How to Create a List with a Specific Size in Python

Preallocating storage for lists or arrays is a typical pattern among programmers when they know the number of elements ahead of time.

Unlike C++ and Java, in Python, you have to initialize all of your pre-allocated storage with some values. Usually, developers use false values for that purpose, such as None, '', False, and 0.

Python offers several ways to create a list of a fixed size, each with different performance characteristics.

To compare performances of different approaches, we will use Python’s standard module timeit. It provides a handy way to measure run times of small chunks of Python code.

Preallocating storage for lists

The first and fastest way to use the * operator, which repeats a list a specified number of times.

>>> [None] * 10
[None, None, None, None, None, None, None, None, None, None]

A million iterations (default value of iterations in timeit) take approximately 117 ms.

>>> timeit("[None] * 10")
0.11655918900214601

Another approach is to use the range built-in function with a list comprehension.

>>> [None for _ in range(10)]
[None, None, None, None, None, None, None, None, None, None]

It’s almost six times slower and takes 612 ms second per million iterations.

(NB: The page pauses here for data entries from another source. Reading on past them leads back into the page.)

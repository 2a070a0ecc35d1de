-- ===== src/Icons/Squawk64B.antt =====
-- `squawk64_png` of src/_icons.h, lines 1484 to 1587 of that file.
use upnp.Prelude.{ℕ, List, ◌++◌}
use upnp.Icons.Row.{row}

abbrev pub squawk64_png_b : List ℕ
squawk64_png_b =
    row 0x53 0x87 0x0c 0x1e 0xf0 0xce 0xf1 0xbd 0xec 0x5d 0x9f 0xdd
    ++ row 0xd5 0xaf 0xc5 0xae 0x3b 0x63 0x32 0x98 0x8c 0x0c 0xb8 0xde
    ++ row 0x18 0x7a 0xc0 0x68 0xb5 0x32 0x16 0xf9 0x68 0x04 0xf0 0x5c
    ++ row 0x58 0x63 0x35 0x37 0xc7 0x22 0xc2 0xd3 0xec 0x86 0x8a 0xaa
    ++ row 0x3a 0xf8 0xee 0xf6 0xbf 0xc1 0xa0 0xe1 0x23 0x40 0xa4 0xa0
    ++ row 0xc4 0xdc 0x80 0xc0 0x20 0x38 0x9a 0x88 0x80 0xc9 0xa1 0x33
    ++ row 0x9d 0xd4 0xd5 0xa5 0x48 0x1e 0x54 0xac 0x50 0x9d 0x5f 0x8f
    ++ row 0x2b 0xaa 0x82 0x8a 0x25 0x01 0xf4 0x7f 0x72 0x0d 0x7a 0xc2
    ++ row 0x60 0x34 0x86 0xf4 0xdc 0x38 0x1f 0xb8 0xad 0xef 0xab 0x43
    ++ row 0x86 0xe7 0x2d 0xa8 0xde 0xca 0x66 0xdc 0x74 0x7b 0xb2 0x3f
    ++ row 0xbd 0xbf 0x59 0x67 0xb2 0x9a 0x5b 0xc1 0x10 0x01 0xb6 0x10
    ++ row 0x01 0x1c 0xc7 0x43 0xab 0x6b 0xf0 0x0a 0x68 0x2e 0xbc 0x62
    ++ row 0xe1 0x67 0x78 0x2d 0x51 0xad 0x05 0x8b 0x0f 0xdd 0xe0 0x60
    ++ row 0xf9 0x11 0xa8 0x18 0x33 0x15 0xf2 0x86 0x5e 0xcb 0x2a 0x39
    ++ row 0xc9 0xe7 0x8f 0xaa 0x38 0x81 0x0d 0x04 0xfc 0x0c 0x00 0xb3
    ++ row 0x3e 0x3e 0xba 0xa5 0x19 0x30 0x98 0xea 0x0d 0xfa 0x98 0x04
    ++ row 0x10 0x71 0x92 0xe2 0x1e 0x58 0x60 0xb0 0xb3 0xb0 0xf9 0x5d
    ++ row 0xe0 0x37 0x2f 0x50 0x87 0x8c 0xce 0x7b 0xb7 0x66 0x1d 0x9b
    ++ row 0xb1 0xec 0xb6 0x84 0x40 0x6a 0x5a 0x1f 0xc1 0x60 0xa4 0x54
    ++ row 0x84 0x4a 0xf8 0xbd 0x10 0xc0 0x09 0xcc 0x2e 0x27 0x34 0x37
    ++ row 0xb7 0x84 0x4d 0x59 0xd1 0x22 0x4c 0x50 0x47 0x15 0x18 0xa7
    ++ row 0x10 0x43 0x63 0x3c 0x2d 0x6e 0x38 0x53 0xef 0x81 0x8a 0xb1
    ++ row 0xd3 0x20 0xe7 0xea 0x6b 0xc0 0x84 0x79 0xdf 0xef 0xf1 0xb0
    ++ row 0x55 0x26 0xd3 0x66 0xfe 0x4a 0x80 0x03 0xc1 0xf0 0x9c 0x51
    ++ row 0x5d 0x4d 0x53 0x05 0x52 0x3f 0xd6 0x12 0x20 0x44 0xd9 0x08
    ++ row 0x91 0x78 0x95 0xf9 0x49 0xe8 0x7d 0x24 0xba 0x8d 0x6f 0x01
    ++ row 0xbf 0x6d 0xb1 0x3a 0xe4 0xce 0xfc 0xf7 0x4e 0x7c 0xcc 0x66
    ++ row 0xdf 0x38 0x26 0x3e 0x68 0xd0 0x0b 0x6c 0x76 0x77 0xb3 0x97
    ++ row 0x99 0xa5 0xc9 0xc8 0x43 0x7c 0x8a 0x13 0x99 0xf4 0xb2 0x55
    ++ row 0xe0 0x22 0xc1 0x72 0x0a 0x29 0xda 0x14 0xac 0x5a 0x09 0xf5
    ++ row 0x73 0xad 0x04 0xf9 0xdc 0x41 0x66 0xde 0xfb 0xc7 0xfc 0x0d
    ++ row 0xae 0xc8 0x1b 0xc8 0x5c 0xcc 0x87 0xa4 0xb4 0x03 0xc8 0xb5
    ++ row 0x06 0xd5 0xce 0x62 0x0d 0xab 0x17 0xf0 0x30 0xa3 0x9b 0x46
    ++ row 0x73 0x3d 0x8f 0xdb 0x8d 0xe4 0x86 0xf4 0x50 0x09 0x10 0xd7
    ++ row 0xcd 0x06 0x61 0xe7 0x0a 0x75 0xc8 0xd8 0xfc 0x85 0xb5 0xc5
    ++ row 0xec 0xc9 0xf5 0xa3 0xe3 0xdc 0x68 0x77 0x46 0xed 0x04 0x64
    ++ row 0xe2 0x66 0xab 0x11 0x9a 0x1a 0xdc 0xd0 0x5d 0x21 0x7d 0x98
    ++ row 0xe5 0x72 0xa1 0x36 0x73 0x27 0xbb 0x09 0xca 0xc7 0xfc 0x05
    ++ row 0xfa 0xe5 0x16 0x80 0x20 0xea 0x98 0x05 0x74 0x06 0xb0 0x2b
    ++ row 0xf7 0xa9 0xc8 0x31 0x61 0xd9 0x1c 0x29 0x6e 0x66 0xb9 0x32
    ++ row 0x53 0x40 0x25 0x40 0x8f 0x59 0x40 0xd8 0xbb 0x46 0x1d 0x72
    ++ row 0x43 0xc1 0x07 0x75 0x1b 0xd8 0x2c 0x6b 0x46 0x3a 0x4f 0xeb
    ++ row 0x05 0xc9 0x11 0xb9 0xc0 0xa2 0x41 0x07 0x3e 0x6f 0xa0 0xdb
    ++ row 0x04 0xa8 0x24 0x30 0x0e 0x94 0x7a 0x47 0xef 0xb2 0xc3 0x81
    ++ row 0x5b 0x9e 0x83 0xfe 0xd9 0xb9 0xcc 0x35 0x02 0xe1 0x32 0x35
    ++ row 0xe2 0x21 0x08 0xa5 0xda 0x68 0x04 0x40 0x0c 0x32 0x0c 0xe8
    ++ row 0x0a 0xa2 0xbe 0xed 0x97 0xa0 0x96 0xa6 0xa6 0xd0 0x3c 0xb8
    ++ row 0x12 0x46 0x85 0x00 0xe3 0xc7 0xd3 0x40 0x28 0x2f 0x51 0x87
    ++ row 0x0c 0x2d 0x58 0x74 0x72 0x07 0x9b 0x65 0xc5 0x35 0x8e 0x3a
    ++ row 0xa7 0x45 0x8e 0x97 0x3a 0xde 0x55 0xf6 0x48 0xc8 0x12 0x88
    ++ row 0x04 0x21 0xb9 0x2f 0x54 0xde 0xf0 0x7b 0x48 0xcd 0xce 0x41
    ++ row 0xd3 0x0c 0xb2 0x60 0xd7 0x0e 0x14 0x74 0x23 0xdd 0x6a 0xda
    ++ row 0x64 0xad 0x26 0x8d 0x2b 0x50 0x5c 0x21 0x0b 0x60 0x6e 0xa2
    ++ row 0x21 0xc0 0x84 0x95 0xa0 0x50 0xb9 0x55 0x7d 0x6c 0xe0 0x95
    ++ row 0x8b 0x4f 0x7d 0xc5 0x9e 0xf8 0xd7 0x10 0x7b 0x45 0x4e 0x2a
    ++ row 0x97 0xeb 0xf6 0xca 0xe0 0xf5 0x62 0x09 0xa9 0x59 0x74 0x77
    ++ row 0x9f 0x74 0x25 0x00 0x2a 0xb9 0xbb 0x5d 0x5b 0x6a 0xd3 0x0f
    ++ row 0xe1 0x1c 0x2f 0x83 0xce 0xdd 0x00 0x1c 0x82 0x25 0x12 0xfc
    ++ row 0x83 0x7e 0x02 0xd5 0x57 0x8d 0x83 0xbe 0xa9 0xa9 0x18 0x64
    ++ row 0xfd 0x51 0x03 0x68 0xf4 0x78 0xa0 0xed 0x8b 0x3e 0x16 0x94
    ++ row 0x72 0xd7 0xa0 0x00 0x25 0x72 0xbd 0x18 0x03 0xd4 0x7d 0x86
    ++ row 0xda 0x6f 0x59 0x32 0x05 0x84 0xef 0xbe 0x50 0x9f 0xca 0xbc
    ++ row 0xf2 0xc3 0xfa 0x6f 0xd8 0x2c 0x4b 0x8b 0xac 0xab 0xb3 0x32
    ++ row 0x74 0x63 0x8d 0x7a 0x75 0x1b 0x89 0x91 0xdb 0x83 0x64 0xa0
    ++ row 0x95 0x5a 0xa6 0x6f 0x84 0xf8 0x3e 0xf1 0xdd 0x5a 0x75 0xbd
    ++ row 0xa8 0x87 0x7d 0xfb 0xf6 0x41 0x70 0xce 0x6f 0x40 0xdf 0x58
    ++ row 0x07 0x06 0x51 0x86 0xda 0x51 0x13 0xc0 0x93 0x75 0x2d 0xc4
    ++ row 0x25 0x24 0x80 0x14 0xd0 0xa6 0xc0 0xf6 0x01 0x8c 0x61 0xd3
    ++ row 0xb8 0x43 0x67 0x16 0xa0 0xf6 0x93 0x2b 0x50 0x7c 0xc1 0x5d
    ++ row 0x27 0xcb 0x2a 0xd4 0x2f 0x08 0x3a 0xd0 0x9b 0x42 0xe1 0xcd
    ++ row 0xfa 0xfe 0x63 0x20 0x1c 0xaf 0x50 0x1f 0x4b 0x1a 0xb8 0xe4
    ++ row 0xf4 0x09 0xf6 0xe4 0xa2 0x42 0xeb 0xa3 0x18 0xc1 0xa7 0xf7
    ++ row 0x89 0x13 0xd0 0x55 0x39 0x96 0x36 0xb9 0x90 0x29 0x05 0xab
    ++ row 0x7f 0xbd 0x5c 0x30 0x2a 0x85 0x44 0xe4 0xaa 0x45 0xd6 0xde
    ++ row 0x5a 0xa9 0xda 0xb7 0x13 0x86 0x6c 0x98 0x1a 0xda 0x9d 0xf1
    ++ row 0x48 0xc8 0xcd 0x53 0x21 0x3e 0x2d 0x93 0xa5 0x2e 0x2a 0x91
    ++ row 0x71 0x6a 0x76 0x8e 0x65 0x01 0xd1 0x41 0x6b 0x9b 0xed 0xc9
    ++ row 0xa0 0x93 0x88 0x05 0x92 0xdf 0xeb 0x0b 0x8f 0xd7 0x61 0xcd
    ++ row 0x21 0x2a 0x45 0x93 0x63 0xce 0xbd 0xc0 0xb5 0x9c 0x56 0x9f
    ++ row 0xb2 0x16 0x2e 0x6b 0x6c 0x0e 0xcf 0xf2 0x6e 0xbe 0xb9 0x3f
    ++ row 0xfa 0xd2 0x9d 0xa2 0xc0 0x3d 0xc8 0x0b 0x7c 0xbe 0xd3 0xa1
    ++ row 0x13 0x6c 0xd6 0xa0 0xd0 0xf8 0xdb 0x8f 0x0c 0x5d 0x21 0x40
    ++ row 0x2b 0x94 0x7f 0xeb 0x4b 0x17 0x42 0x6e 0xf9 0x32 0xe6 0x19
    ++ row 0xc7 0x72 0xc6 0x40 0xdd 0xa0 0xbb 0xa0 0x5f 0x66 0x66 0xbb
    ++ row 0xb1 0xcc 0xe2 0x30 0xff 0x4b 0xac 0xda 0x0b 0xb0 0x76 0x2c
    ++ row 0x32 0x3a 0x23 0xa0 0xdd 0x18 0xda 0x08 0x21 0x78 0x81 0x3e
    ++ row 0xa1 0xf9 0x3d 0xe0 0x9a 0x79 0x07 0xb0 0xea 0x93 0xd7 0xb9
    ++ row 0x07 0x2f 0xad 0x37 0x47 0x0c 0x6f 0x95 0xc5 0x85 0x36 0x7b
    ++ row 0x42 0xd1 0x90 0x47 0x1a 0x0e 0xee 0x9e 0x68 0x7d 0xe1 0xc3
    ++ row 0x5c 0x83 0xc2 0x60 0x67 0xdf 0xde 0xd4 0x31 0xdf 0x54 0x1e
    ++ row 0x94 0x13 0xbf 0x2d 0xab 0xf7 0x96 0x7c 0xea 0xc4 0x78 0xc0
    ++ row 0x79 0x33 0x06 0x06 0x9a 0x6e 0x1a 0xd7 0x42 0xe1 0x0a 0xd3
    ++ row 0x96 0x1f 0x57 0x45 0xd2 0xe9 0x45 0x3c 0xe9 0x4d 0xa2 0x01
    ++ row 0x8b 0x5a 0xb4 0x0a 0x2a 0x6d 0x55 0xd0 0x12 0x06 0xa1 0xa0
    ++ row 0x1f 0x4b 0x60 0x7f 0x07 0x19 0x28 0x46 0x6c 0x80 0x08 0x97
    ++ row 0x11 0x71 0xf1 0x78 0x9d 0x00 0xc2 0xc9 0xef 0xc0 0xb5 0x60
    ++ row 0x22 0xeb 0xf7 0xeb 0xad 0xdf 0x5e 0xb5 0xe8 0x78 0x46 0x4c
    ++ row 0x02 0x14 0x20 0xf4 0x79 0x2b 0x73 0xed 0xda 0xb5 0x7b 0x0c
    ++ row 0x9d 0xd4 0xdd 0x2a 0x70 0xda 0x7f 0xd7 0xd6 0xd6 0xc2 0x99
    ++ row 0x33 0x67 0x96 0x4f 0x9a 0x34 0xe9 0x9e 0xc8 0x31 0x6f 0xbe
    ++ row 0xf9 0x26 0xbd 0x8f 0x7e 0x57 0xf7 0x55 0x0f 0x64 0xa4 0x10
    ++ row 0x15 0x1d 0x81 0xee 0x96 0x85 0x8c 0x04 0x8c 0x16 0xb3 0x88
    ++ row 0x51 0xdb 0x86 0x07 0x47 0x35 0x7f 0x00 0x4b 0x66 0x22 0x43
    ++ row 0x26 0x77 0x89 0xb1 0xd7 0x88 0x45 0x00 0xdd 0xd0 0x9b 0x4d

>>> timeit("[None for _ in range(10)]")
0.6115895550028654

The third approach is to use a simple for loop together with the list.append().

>>> a = []
>>> for _ in range(10):
...   a.append(None)
...
>>> a
[None, None, None, None, None, None, None, None, None, None]

Using loops is the slowest method and takes 842 ms to complete a million iterations.

>>> timeit("for _ in range(10): a.append(None)", setup="a=[]")
0.8420009529945673

Preallocating storage for other sequential data structures

Since you’re preallocating storage for a sequential data structure, it may make a lot of sense to use the array built-in data structure instead of a list.

>>> from array import array
>>> array('i',(0,)*10)
array('i', [0, 0, 0, 0, 0, 0, 0, 0, 0, 0])

As we see below, this approach is second fastest after [None] * 10.

>>> timeit("array('i',(0,)*10)", setup="from array import array")
0.4557597979946877

Let’s compare the above pure Python approaches to the NumPy Python package for scientific computing.

>>> from numpy import empty
>>> empty(10)
array([0., 0., 0., 0., 0., 0., 0., 0., 0., 0.])

The NumPy way takes 589 ms per million iterations.

>>> timeit("empty(10)", setup="from numpy import empty")
0.5890094790011062

However, the NumPy way will be much faster for more massive lists.

>>> timeit("[None]*10000")
16.059584009999526
>>> timeit("empty(10000)", setup="from numpy import empty")
1.1065983309963485

The conclusion is that it’s best to stick to [None] * 10 for small lists, but switch to NumPy’s empty() when dealing with more massive sequential data.